Conformal theory of central surface density for galactic dark halos

TL;DR

This paper proposes a conformal gravity theory that explains the near-universal central surface density of galactic dark halos without dark matter, using a nonclassical acceleration derived from Weyl symmetry.

Contribution

It introduces a conformal gravity framework with Weyl symmetry that predicts a universal central surface density for galactic halos, eliminating the need for dark matter.

Findings

Conformal gravity predicts a constant nonclassical acceleration in galactic halos.

Universal central surface density emerges naturally from the conformal model.

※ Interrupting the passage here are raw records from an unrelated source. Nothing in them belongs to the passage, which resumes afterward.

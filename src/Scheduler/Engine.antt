-- ===== src/Scheduler/Engine.antt =====
-- src/scheduler/engine.ts: `SchedulerEngine`, on the snapshots that its calls of the store see.
--
-- Where the engine reads the store and later changes it, the two snapshots are two arguments. One
-- `later` stands for the clock at the changes that one call makes. A tick is taken with no run ending
-- meanwhile, and otherwise with what the world does in each of its rounds as an argument; a claimed task is in Cycle, and what it does in Reminder and Watch.
pub mod Quota
pub mod Events
pub mod Recovery
pub mod Tick
pub mod Cycle
pub mod Timers
pub mod Status
pub mod Explanation
use Prim.Native.String.{◌++◌ as append_text}
use alfred_ai.Base.{
  ℕ, zero, suc, ◌+◌, ◌-◌, max, min, String, Bool, true, false, not, ◌&&◌, ◌||◌, Option, none, some,
  List, [], ◌∷◌, Result, ok, err, ◌>>=◌, ◌>>◌, guard, ltb, leb, if◌then◌else◌, find, filter, length,
  or_else, str_eq, units,
}
use alfred_ai.Scheduler.Model.{
  Task, Snapshot, Stamp, utc, Kind, reminder, wake_turn, watch, event_subscription, TaskOwner,
  NotificationDestination, WatchDefinition, herdr_agent, run_status, file_exists, EventMatch,
  AgentEventType, progress, event_completed, event_failed, needs_approval, StoreError, is_active,
  max_concurrency, default_tick_max_ms, default_global_wake_interval_ms,
}
use alfred_ai.Scheduler.Schema.{Zod, has_text}
use alfred_ai.Scheduler.Create.{CreateInput, create, is_watch}
use alfred_ai.Scheduler.TaskStore.{
  ClaimResult, granted, refused, claim, nudge, reconcile, ReconcileAction, reclaim, complete, fail,
  list_all, list_due,
}

pub data SchedulerOrigin : Type 0 where
  from_web from_tui from_telegram from_scheduler : SchedulerOrigin

pub record SchedulerProvenance : Type 0 where
  pub principal_id : String
  pub channel_key : Option String
  pub origin : SchedulerOrigin

pub record ScheduleTaskRequest : Type 0 where
  pub kind : Kind
  pub label : String
  pub due_at : Stamp
  pub expires_at : Option Stamp
  pub interval_seconds : Option ℕ
  pub max_cycles : Option ℕ
  pub instruction : Option String
  pub reminder_text : Option String
  pub watch_definition : Option WatchDefinition
  pub event_match : Option EventMatch

pub data EngineError : Type 0 where
  scheduler_cannot_schedule_tasks principal_quota_exceeded global_quota_exceeded : EngineError
  store_error : StoreError → EngineError

abbrev pub is_scheduler : SchedulerOrigin → Bool
is_scheduler from_scheduler = true
is_scheduler from_web = false
is_scheduler from_tui = false
is_scheduler from_telegram = false

abbrev pub max_active_per_principal : ℕ
max_active_per_principal = 20

abbrev pub max_active_global : ℕ
max_active_global = 100

abbrev pub is_owned_by : String → Task → Bool
is_owned_by principal_id t = str_eq t.owner.principal_id principal_id
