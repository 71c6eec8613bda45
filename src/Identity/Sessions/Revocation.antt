-- ===== src/Identity/Sessions/Revocation.antt =====
-- When a session ends: the replay of a refresh token, and the time that Create sets.
use pda_backend.Common.{
  ℕ, ◌≤◌, ◌+◌, String, ◌≡◌, refl, ◌≢◌, inl, inr, Option, some, List, [], ◌∷◌, Bool, true, false,
  not, ◌&&◌, leb, Option-cases, arith, eq_refl, eq_iff,
}
use pda_backend.Common.Rows.{
  first_where, first_where-update, first_where-selects, first_where-appended, holds_first,
  holds_first-append, holds_first-update,
}
use pda_backend.Identity.Ports.{
  Operator, Claims, Outcome, got, failed, refresh_reused, Outcome-cases,
}
use pda_backend.Identity.Sessions.{
  Manager, TokenClaims, Fresh, Database, TokenRow, SessionRow, Created, Refreshed, is_hash,
  is_session, is_open, is_live, insert_session, create, create_rows, authenticate, refresh,
  refresh_found, rotate, detect_reuse, refresh_refusal, logout, revoke_refresh, revoke_open,
  new_session, revoke_session,
}
use pda_backend.Identity.Sessions.Rotation.{
  Call, Step, creates, refreshes, logs_out, revokes, apply, run,
}

-- A test of a session that its revocation cannot undo.
IsLasting : (SessionRow → Bool) → Type 0
IsLasting P =
    (s : SessionRow) (reason : String) (now : ℕ)
    → P s ≡ true
    → P (revoke_session reason now s) ≡ true

abbrev session_holds : String → (SessionRow → Bool) → Database → Bool
session_holds id P db = holds_first (is_session id) P db.sessions

insert_session-holds :
    (id : String) (P : SessionRow → Bool) (s : SessionRow) (ss ss' : List SessionRow)
    → insert_session s ss ≡ some ss'
    → holds_first (is_session id) P ss ≡ true
    → holds_first (is_session id) P ss' ≡ true
unfolding insert_session
insert_session-holds id P s ss ss' i k = ground (arith, holds_first-append (is_session id) P ss s k)

revoke_open-holds :
    (id other reason : String) (P : SessionRow → Bool) (now : ℕ) (ss : List SessionRow)
    → IsLasting P
    → holds_first (is_session id) P ss ≡ true
    → holds_first (is_session id) P (revoke_open other reason now ss) ≡ true
unfolding revoke_open IsLasting
revoke_open-holds id other reason P now ss lasting k =
    holds_first-update (is_session id) P (λ s. is_session other s && is_open s.status)
      (revoke_session reason now) ss (λ s. refl) (λ s. lasting s reason now) k

abbrev is_closed : SessionRow → Bool
is_closed s = not (is_open s.status)

abbrev ends_by : ℕ → SessionRow → Bool
ends_by deadline s = leb s.expires_at deadline

is_closed-IsLasting : IsLasting is_closed
unfolding IsLasting
is_closed-IsLasting s reason now k = refl

ends_by-IsLasting : (deadline : ℕ) → IsLasting (ends_by deadline)
unfolding IsLasting
ends_by-IsLasting deadline s reason now k = k

revoke_open-closes :
    (id reason : String) (now : ℕ) (ss : List SessionRow) (s : SessionRow)
    → first_where (is_session id) ss ≡ some s
    → holds_first (is_session id) is_closed (revoke_open id reason now ss) ≡ true
unfolding revoke_open
revoke_open-closes id reason now ss s found = ground (
  arith,
  first_where-selects (is_session id) ss s found,
  first_where-update (is_session id) (λ r. is_session id r && is_open r.status)
      (revoke_session reason now) ss (λ r. refl),
)

module _ (m : Manager) (sign : TokenClaims → Option String)
    (parse : String → ℕ → Outcome TokenClaims) (token_hash : String → ℕ) where
  module _ (id : String) (P : SessionRow → Bool) (lasting : IsLasting P) where
    create-lasts :
        (fresh : Fresh) (operator : Operator) (device warehouse : String) (now : ℕ) (db : Database)
        → session_holds id P db ≡ true
        → session_holds id P
            (create m sign parse token_hash fresh operator device warehouse now db).1
          ≡ true
    unfolding create create_rows
    create-lasts fresh operator device warehouse now db k =
        let s = new_session fresh operator device warehouse (now + m.refresh_ttl) in
        elim (Option-cases (insert_session s db.sessions)) [
          | inl taken ↦ ground arith
          | inr (ss, made) ↦ ground (arith, insert_session-holds id P s db.sessions ss made k)
        ]

    refresh-lasts :
        (fresh : Fresh) (raw device : String) (now : ℕ) (db : Database)
        → session_holds id P db ≡ true
        → session_holds id P (refresh m sign parse token_hash fresh raw device now db).1 ≡ true
    unfolding refresh refresh_found rotate detect_reuse
    refresh-lasts fresh raw device now db k =
        elim (Option-cases (first_where (is_hash (token_hash raw)) db.tokens)) [
          | inl missing ↦ ground arith
          | inr (t, found) ↦
              elim (Option-cases (first_where (is_session t.session_id) db.sessions)) [
                | inl missing ↦ ground arith
                | inr (s, found') ↦
                    ground
                      (arith, revoke_open-holds id s.id "refresh_reuse" P now db.sessions lasting k)
              ]
        ]

    revoke_refresh-lasts :
        (raw : String) (now : ℕ) (db : Database)
        → session_holds id P db ≡ true
        → session_holds id P (revoke_refresh m sign parse token_hash raw now db).1 ≡ true
    unfolding revoke_refresh IsLasting
    revoke_refresh-lasts raw now db k =
        elim (Option-cases (first_where (is_hash (token_hash raw)) db.tokens)) [
          | inl missing ↦ ground arith
          | inr (t, found) ↦
              elim (Option-cases (first_where (is_session t.session_id) db.sessions)) [
                | inl missing ↦ ground arith
                | inr (s, found') ↦ ground (
                  arith,
                  holds_first-update (is_session id) P (is_session s.id)
                      (revoke_session "logout" now) db.sessions (λ r. refl)
                      (λ r. lasting r "logout" now) k,
                )
              ]
        ]

    logout-lasts :
        (token : String) (now : ℕ) (db : Database)
        → session_holds id P db ≡ true
        → session_holds id P (logout m sign parse token_hash token now db).1 ≡ true
    unfolding logout
    logout-lasts token now db k = elim (Outcome-cases (parse token now)) [
      | inl (e, bad) ↦ ground arith
      | inr (c, good) ↦
          ground (arith, revoke_open-holds id c.session_id "logout" P now db.sessions lasting k)
    ]

    run-lasts :
        (xs : List Step) (db : Database)
        → session_holds id P db ≡ true
        → session_holds id P (run m sign parse token_hash xs db) ≡ true
    unfolding run apply
    run-lasts [] db k = k
    run-lasts (x ∷ xs) db k = run-lasts xs _ (call-lasts x.call _ k)
      where
        call-lasts :
            (c : Call) (d : Database)
            → session_holds id P d ≡ true
            → session_holds id P (apply m sign parse token_hash c d) ≡ true
        call-lasts (creates fresh operator device warehouse now) d k' =
            create-lasts fresh operator device warehouse now d k'
        call-lasts (refreshes fresh raw device now) d k' = refresh-lasts fresh raw device now d k'
        call-lasts (logs_out token now) d k' = logout-lasts token now d k'
        call-lasts (revokes raw now) d k' = revoke_refresh-lasts raw now d k'

  -- A session that is not live is closed to its access tokens and to its refresh tokens.
  dead-refused :
      (id : String) (fresh : Fresh) (token raw device : String) (now : ℕ) (db : Database)
      (c : TokenClaims) (t : TokenRow) (claims : Claims) (r : Refreshed)
      → is_live (first_where (is_session id) db.sessions) now ≡ false
      → parse token now ≡ got c
      → c.session_id ≡ id
      → first_where (is_hash (token_hash raw)) db.tokens ≡ some t
      → t.session_id ≡ id
      → (authenticate m sign parse token_hash token now db ≢ got claims)
        × ((refresh m sign parse token_hash fresh raw device now db).0 ≢ got r)
  unfolding is_live authenticate refresh refresh_found refresh_refusal
  dead-refused id fresh token raw device now db c t claims r dead parsed same found same' =
      elim (Option-cases (first_where (is_session id) db.sessions)) [
        | inl missing ↦ (ground arith, ground arith)
        | inr (s, there) ↦ (ground arith, ground arith)
      ]

  reuse-closes :
      (fresh : Fresh) (raw device : String) (now : ℕ) (db db' : Database) (t : TokenRow)
      → first_where (is_hash (token_hash raw)) db.tokens ≡ some t
      → refresh m sign parse token_hash fresh raw device now db ≡ (failed refresh_reused, db')
      → session_holds t.session_id is_closed db' ≡ true
  unfolding refresh refresh_found refresh_refusal rotate detect_reuse
  reuse-closes fresh raw device now db db' t found k =
      elim (Option-cases (first_where (is_session t.session_id) db.sessions)) [
        | inl missing ↦ ground arith
        | inr (s, there) ↦ ground (
          arith,
          first_where-selects (is_session t.session_id) db.sessions s there,
          eq_iff s.id t.session_id,
          revoke_open-closes t.session_id "refresh_reuse" now db.sessions s there,
        )
      ]

  -- After a refresh was refused because its token was used before, whatever calls follow, no access
  -- token of its session is accepted and no refresh with a token of the session succeeds.
  pub reuse_closes_session :
      (xs : List Step) (fresh fresh' : Fresh) (token raw raw' device device' : String)
      (now now' : ℕ) (db db' : Database) (c : TokenClaims) (t t' : TokenRow) (claims : Claims)
      (r : Refreshed)
      → first_where (is_hash (token_hash raw)) db.tokens ≡ some t
      → refresh m sign parse token_hash fresh raw device now db ≡ (failed refresh_reused, db')
      → parse token now' ≡ got c
      → c.session_id ≡ t.session_id
      → first_where (is_hash (token_hash raw')) (run m sign parse token_hash xs db').tokens
        ≡ some t'
      → t'.session_id ≡ t.session_id
      → (authenticate m sign parse token_hash token now' (run m sign parse token_hash xs db')
          ≢ got claims)
        × ((refresh m sign parse token_hash fresh' raw' device' now'
              (run m sign parse token_hash xs db')).0
            ≢ got r)
  unfolding is_live
  reuse_closes_session xs fresh fresh' token raw raw' device device' now now' db db' c t t' claims r
        found k parsed same found' same' =
      let d = run m sign parse token_hash xs db' in
      let kept =
        run-lasts t.session_id is_closed is_closed-IsLasting xs db'
          (reuse-closes fresh raw device now db db' t found k) in
      dead-refused t.session_id fresh' token raw' device' now' d c t' claims r
        (elim (Option-cases (first_where (is_session t.session_id) d.sessions)) [
          | inl missing ↦ ground arith
          | inr (s, there) ↦ ground arith
        ])
        parsed same found' same'

  create-ends :
      (fresh : Fresh) (operator : Operator) (device warehouse : String) (now : ℕ)
      (db db' : Database) (r : Created)
      → create m sign parse token_hash fresh operator device warehouse now db ≡ (got r, db')
      → session_holds fresh.session_id (ends_by (now + m.refresh_ttl)) db' ≡ true
  unfolding create create_rows insert_session
  create-ends fresh operator device warehouse now db db' r k = ground (
    arith,
    eq_refl fresh.session_id,
    first_where-appended (is_session fresh.session_id) db.sessions
        (new_session fresh operator device warehouse (now + m.refresh_ttl)),
  )

  -- A session ends when the refresh lifetime has passed since it was created: from then on,
  -- whatever calls came between, refreshes included, no access token of it is accepted and no
  -- refresh with one of its tokens succeeds.
  pub session_deadline :
      (xs : List Step) (fresh fresh' : Fresh) (operator : Operator)
      (device warehouse token raw device' : String) (now now' : ℕ) (db db' : Database)
      (c : TokenClaims) (t : TokenRow) (claims : Claims) (r : Created) (r' : Refreshed)
      → create m sign parse token_hash fresh operator device warehouse now db ≡ (got r, db')
      → now + m.refresh_ttl ≤ now'
      → parse token now' ≡ got c
      → c.session_id ≡ fresh.session_id
      → first_where (is_hash (token_hash raw)) (run m sign parse token_hash xs db').tokens ≡ some t
      → t.session_id ≡ fresh.session_id
      → (authenticate m sign parse token_hash token now' (run m sign parse token_hash xs db')
          ≢ got claims)
        × ((refresh m sign parse token_hash fresh' raw device' now'
              (run m sign parse token_hash xs db')).0
            ≢ got r')
  unfolding is_live
  session_deadline xs fresh fresh' operator device warehouse token raw device' now now' db db' c t
        claims r r' k late parsed same found same' =
      let d = run m sign parse token_hash xs db' in
      let kept =
        run-lasts fresh.session_id (ends_by (now + m.refresh_ttl))
          (ends_by-IsLasting (now + m.refresh_ttl)) xs db'
          (create-ends fresh operator device warehouse now db db' r k) in
      dead-refused fresh.session_id fresh' token raw device' now' d c t claims r'
        (elim (Option-cases (first_where (is_session fresh.session_id) d.sessions)) [
          | inl missing ↦ ground arith
          | inr (s, there) ↦ ground arith
        ])
        parsed same found same'
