-- ===== src/Identity/Examples.antt =====
-- Runs of sessions, logins and access tokens, and their theorems at concrete inputs.
mod Tokens
use Prim.Native.Char.{code}
use pda_backend.Common.{
  ℕ, zero, suc, ◌+◌, ◌*◌, ◌≤◌, ◌<◌, String, ◌≡◌, refl, ◌≢◌, Option, none, some, List, [], ◌∷◌, ◌++◌,
  Bool, true, false, not, ◌==◌, ◌||◌, eqb, arith, eq_refl, eq_iff, if◌then◌else◌,
}
use pda_backend.Common.Rows.{first_where, update_where}
use pda_backend.Common.Text.{trim_space, to_lower}
use pda_backend.Platform.Errors.{Error}
use pda_backend.Platform.Results.{Result, ok, err}
use pda_backend.Identity.Ports.{
  Operator, Claims, Outcome, got, failed, PortError, is_among, refresh_reused,
}
use pda_backend.Identity.Operators.{
  Account, Accounts, Status, Device, Registration, is_registered, has_username, same_codes,
  same_codes_refl, by_username, found_operator, operator_of, check_login, distinct_names,
  scan_grants, record_login_failure, append,
}
use pda_backend.Identity.Sessions.{
  Manager, TokenClaims, Fresh, Database, SessionRow, TokenRow, Created, Refreshed, create,
  create_rows, authenticate, refresh, refresh_found, refresh_refusal, rotate, detect_reuse,
  insert_token, insert_session, revoke_open, is_live, access_claims, logout, revoke_refresh,
}
use pda_backend.Identity.Sessions.Rotation.{
  Call, Step, creates, refreshes, logs_out, revokes, apply, run, refreshed_once,
}
use pda_backend.Identity.Sessions.Revocation.{reuse_closes_session, session_deadline}

abbrev day : ℕ
day = 86_400_000_000_000

abbrev manager : Manager
manager = record {
  issuer = "pda";
  audience = "pda-api";
  access_ttl = 900_000_000_000;
  refresh_ttl = 2_592_000_000_000_000;
}

abbrev account : Account
account = record {
  id = "OP-1";
  username = "ann";
  employee_code = "E-1";
  display_name = "Ann";
  password_hash = "h";
  status = Status.active;
  shift_code = "A";
  failed_login_count = 0;
  locked_until = none;
  last_login_at = none;
  updated_at = 0;
  warehouses = "WH-1" ∷ [];
  grants = ("PICKER", some "task.read") ∷ [];
}

abbrev accounts : Accounts
accounts = record {
  operators = account ∷ [];
  devices = record { device_code = "D-1"; is_active = true } ∷ [];
  registrations =
      record { operator_id = "OP-1"; device_code = "D-1"; warehouse_id = "WH-1"; active = true }
      ∷ [];
  audit = [];
}

abbrev database : Database
database = record { accounts = accounts; sessions = []; tokens = [] }

abbrev operator : Operator
operator = record {
  id = "OP-1";
  employee_code = "E-1";
  username = "ann";
  display_name = "Ann";
  password = "";
  password_hash = "h";
  roles = "PICKER" ∷ [];
  permissions = "task.read" ∷ [];
  warehouse_ids = "WH-1" ∷ [];
  shift_code = "A";
  active = true;
}

abbrev fresh : String → String → Fresh
fresh id raw = record {
  session_id = "S-1";
  refresh_id = id;
  family_id = "F-1";
  token_id = id;
  raw = raw;
}

-- A token that is the name of its session.
abbrev signed : TokenClaims → Option String
signed c = some c.session_id

abbrev claims : String → TokenClaims
claims session = record {
  issuer = "pda";
  audience = "pda-api";
  subject = "OP-1";
  token_id = "R-1";
  session_id = session;
  operator_id = "OP-1";
  device_id = "D-1";
  warehouse_id = "WH-1";
  issued_at = 0;
  not_before = 0;
  expires_at = 900;
}

abbrev parsed : String → ℕ → Outcome TokenClaims
parsed token now = got (claims token)

abbrev hash : String → ℕ
hash String.[] = 0
hash (String.◌∷◌ c s) = code c + hash s

abbrev opened : Database
opened = (create manager signed parsed hash (fresh "R-1" "a") operator "D-1" "WH-1" 1000 database).1

abbrev rotated : Database
rotated = (refresh manager signed parsed hash (fresh "R-2" "b") "a" "D-1" 2000 opened).1

abbrev refreshed : String → Refreshed
refreshed raw = record {
  access = "S-1";
  refresh = raw;
  expires = 900_000_002_000;
  refresh_expires = 2_592_000_000_001_000;
  operator_id = "OP-1";
  device_id = "D-1";
  warehouse_id = "WH-1";
}

rotates :
    refresh manager signed parsed hash (fresh "R-2" "b") "a" "D-1" 2000 opened
    ≡ (got (refreshed "b"), rotated)
unfolding refresh refresh_found refresh_refusal rotate insert_token create create_rows
    insert_session is_registered is_among first_where update_where
rotates = refl

abbrev later_calls : List Step
later_calls =
    record { accounts = accounts; call = refreshes (fresh "R-3" "c") "b" "D-1" 3000 }
    ∷ record { accounts = accounts; call = logs_out "S-9" 4000 }
    ∷ []

refreshed_once_example :
    (refresh manager signed parsed hash
      (fresh "R-4" "d")
      "a"
      "D-1"
      5000
      (run manager signed parsed hash later_calls rotated)).0
    ≢ got (refreshed "d")
refreshed_once_example =
    refreshed_once manager signed parsed hash later_calls (fresh "R-2" "b") (fresh "R-4" "d") "a"
      "D-1" "D-1" 2000 5000 opened rotated (refreshed "b") (refreshed "d") rotates

-- The old token once more.
abbrev reused : Database
reused = (refresh manager signed parsed hash (fresh "R-4" "d") "a" "D-1" 5000 rotated).1

detects :
    refresh manager signed parsed hash (fresh "R-4" "d") "a" "D-1" 5000 rotated
    ≡ (failed refresh_reused, reused)
unfolding refresh refresh_found refresh_refusal rotate insert_token create create_rows
    insert_session is_registered is_among first_where update_where detect_reuse revoke_open
detects = refl

abbrev token_row : String → ℕ → Option String → Option ℕ → Option String → TokenRow
token_row id h parent used replaced = record {
  id = id;
  session_id = "S-1";
  token_hash = h;
  family_id = "F-1";
  parent_token_id = parent;
  issued_at = 1000;
  expires_at = 2_592_000_000_001_000;
  used_at = used;
  replaced_by_token_id = replaced;
  revoked_at = none;
  reuse_detected_at = none;
}

abbrev spent_row : TokenRow
spent_row = token_row "R-1" 97 none (some 2000) (some "R-2")

abbrev next_row : TokenRow
next_row = record (token_row "R-2" 98 (some "R-1") none none) { issued_at = 2000 }

abbrev shown : Claims
shown = record {
  operator_id = "OP-1";
  token_id = "R-1";
  session_id = "S-1";
  device_id = "D-1";
  warehouse_id = "WH-1";
  expires_at = 900;
}

abbrev logout_elsewhere : List Step
logout_elsewhere = record { accounts = accounts; call = logs_out "S-9" 6000 } ∷ []

finds_spent : first_where (λ t. eqb t.token_hash 97) rotated.tokens ≡ some spent_row
unfolding refresh refresh_found refresh_refusal rotate insert_token create create_rows
    insert_session is_registered is_among first_where update_where
finds_spent = refl

finds_next :
    first_where
      (λ t. eqb t.token_hash 98)
      (run manager signed parsed hash logout_elsewhere reused).tokens
    ≡ some next_row
unfolding refresh refresh_found refresh_refusal rotate insert_token create create_rows
    insert_session is_registered is_among first_where update_where detect_reuse revoke_open run
    apply logout
finds_next = refl

reuse_closes_session_example :
    (authenticate manager signed parsed hash "S-1" 7000
        (run manager signed parsed hash logout_elsewhere reused)
      ≢ got shown)
    × ((refresh manager signed parsed hash
          (fresh "R-5" "e")
          "b"
          "D-1"
          7000
          (run manager signed parsed hash logout_elsewhere reused)).0
        ≢ got (refreshed "e"))
reuse_closes_session_example =
    reuse_closes_session manager signed parsed hash logout_elsewhere (fresh "R-4" "d")
      (fresh "R-5" "e") "S-1" "a" "b" "D-1" "D-1" 5000 7000 rotated reused (claims "S-1") spent_row
      next_row shown (refreshed "e") finds_spent detects refl refl finds_next refl

abbrev created : Created
created = record {
  access = "S-1";
  refresh = "a";
  expires = 900_000_001_000;
  refresh_expires = 2_592_000_000_001_000;
}

opens :
    create manager signed parsed hash (fresh "R-1" "a") operator "D-1" "WH-1" 1000 database
    ≡ (got created, opened)
unfolding create create_rows insert_session insert_token is_registered is_among first_where
opens = refl

abbrev renewal : List Step
renewal = record { accounts = accounts; call = refreshes (fresh "R-2" "b") "a" "D-1" 2000 } ∷ []

finds_renewed :
    first_where (λ t. eqb t.token_hash 98) (run manager signed parsed hash renewal opened).tokens
    ≡ some next_row
unfolding refresh refresh_found refresh_refusal rotate insert_token create create_rows
    insert_session is_registered is_among first_where update_where run apply
finds_renewed = refl

session_deadline_example :
    (authenticate manager signed parsed hash "S-1"
        (1000 + 30 * day)
        (run manager signed parsed hash renewal opened)
      ≢ got shown)
    × ((refresh manager signed parsed hash
          (fresh "R-3" "c")
          "b"
          "D-1"
          (1000 + 30 * day)
          (run manager signed parsed hash renewal opened)).0
        ≢ got (refreshed "c"))
session_deadline_example =
    session_deadline manager signed parsed hash renewal (fresh "R-1" "a") (fresh "R-3" "c") operator
      "D-1" "WH-1" "S-1" "b" "D-1" 1000 (1000 + 30 * day) database opened (claims "S-1") next_row
      shown created (refreshed "c") opens (omega arith) refl refl finds_renewed refl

The model aligns with observational constraints on galactic acceleration profiles.

Abstract

Numerous dark matter studies of galactic halo gravitation depend on models with core radius $r_0$ and central density $\rho_0$. Central surface density product $\rho_0 r_0$ is found to be nearly a universal constant for a large range of galaxies. Standard variational field theory with Weyl conformal symmetry postulated for gravitation and the Higgs scalar field, without dark matter, implies nonclassical centripetal acceleration $\Delta a$, for $a=a_N+\Delta a$, where Newtonian acceleration $a_N$ is due to observable baryonic matter. Neglecting a halo cutoff at very large galactic radius, conformal $\Delta a$ is constant over the entire halo and $a=a_N+\Delta a$ is a universal function, consistent with a recent study of galaxies that constrains acceleration due to dark matter or to alternative theory. An equivalent dark matter source is a pure cusp distribution with cutoff parameter determined by a halo boundary radius. This is shown here to imply universal central surface density for any dark matter core model.